━━━━━ Input data

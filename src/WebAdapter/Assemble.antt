-- ===== src/WebAdapter/Assemble.antt =====
-- webadapter.py: `get_search_query_from_webapp`.
pub mod Laws
use opencode_optimised_tooli.Prelude.{
  Dict, List, Option, Text, [], codes, contains, if◌then◌else◌, is_empty, lookup, none, not, some,
  ◌&&◌, ◌==◌, list_eq, nat_eq, pair_eq, string_eq,
}
use opencode_optimised_tooli.Query.Types.{EngineRef, Setup, RawTextQuery}
use opencode_optimised_tooli.Query.Raw.{parse_query, get_query}
use opencode_optimised_tooli.WebAdapter.Types.{
  Fault, parameter_error, value_error, Result, ok, fault, ◌>>=◌, Seconds, Form, Preferences,
  SearchQuery,
}
use opencode_optimised_tooli.WebAdapter.Fields.{
  parse_pageno, parse_safesearch, parse_time_range, parse_timeout, parse_lang,
}
use opencode_optimised_tooli.WebAdapter.Engines.{
  deduplicate_engineref_list, parse_engine_data, parse_generic, Validated, validate_engineref_list,
}

-- `if query_lang == 'auto': query_lang = preferences.client.locale_tag or 'all'`
abbrev pub or_all : Option Text → Text
or_all none = codes "all"
or_all (some tag) = if is_empty tag then codes "all" else tag

abbrev pub resolve_auto : Preferences → Text → Text
resolve_auto preferences query_lang =
    if query_lang == codes "auto" then or_all preferences.client_locale_tag else query_lang

module _ (setup : Setup) (seconds : Seconds) (engine_tokens : Dict Text (List Text)) where
  -- The returned tuple.
  pub record Assembled : Type 0 where
    pub search_query : SearchQuery seconds.T
    pub raw_text_query : RawTextQuery
    pub unknown : List EngineRef
    pub no_token : List EngineRef
    pub selected_locale : Text

  abbrev pub raw_query : Text → List EngineRef → Result RawTextQuery
  raw_query q disabled_engines = elim (parse_query setup q disabled_engines) [
    | none ↦ fault value_error
    | some raw ↦ ok raw
  ]

  unfoldable pub choose_engines :
      Preferences → Form → RawTextQuery → Result (Validated setup engine_tokens)
  choose_engines preferences form raw = do
    refs ←
        (if not (contains (codes "categories") preferences.lock) && raw.specific
          then ok raw.enginerefs
          else parse_generic setup preferences form preferences.disabled_engines)
    ok (validate_engineref_list setup engine_tokens (deduplicate_engineref_list refs) preferences)

  abbrev pub text_field : Option Text → Text
  text_field none = []
  text_field (some q) = q

  -- The steps for a query that is not empty.
  unfoldable pub assemble : Preferences → Form → Text → Result Assembled
  assemble preferences form q = do
    raw ← raw_query q preferences.disabled_engines
    pageno ← parse_pageno setup form
    safesearch ← parse_safesearch setup preferences form
    time_range ← parse_time_range form
    timeout ← parse_timeout seconds form raw
    engine_data ← parse_engine_data form
    lang ← parse_lang preferences form raw
    refs ← choose_engines preferences form raw
    ok (record {
      search_query = record {
        query = get_query raw;
        engineref_list = refs.valid;
        lang = resolve_auto preferences lang;
        safesearch = safesearch;
        pageno = pageno;
        time_range = time_range;
        timeout_limit = timeout;
        external_bang = raw.external_bang;
        engine_data = engine_data;
        redirect_to_first_result = raw.redirect_to_first_result;
      };
      raw_text_query = raw;
      unknown = refs.unknown;
      no_token = refs.no_token;
      selected_locale = lang;
    })

  unfoldable pub get_search_query : Preferences → Form → Result Assembled
  get_search_query preferences form =
      let q = text_field (lookup (codes "q") form) in
      if is_empty q then fault (parameter_error (codes "q") []) else assemble preferences form q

━━━━━━━━━━

The line above containing "time_range ← parse_time_range form", the line containing "search_query = record", and every line between them are to be transcribed exactly; no other line is wanted.

Written response:
    time_range ← parse_time_range form
    timeout ← parse_timeout seconds form raw
    engine_data ← parse_engine_data form
    lang ← parse_lang preferences form raw
    refs ← choose_engines preferences form raw
    ok (record {
      search_query = record {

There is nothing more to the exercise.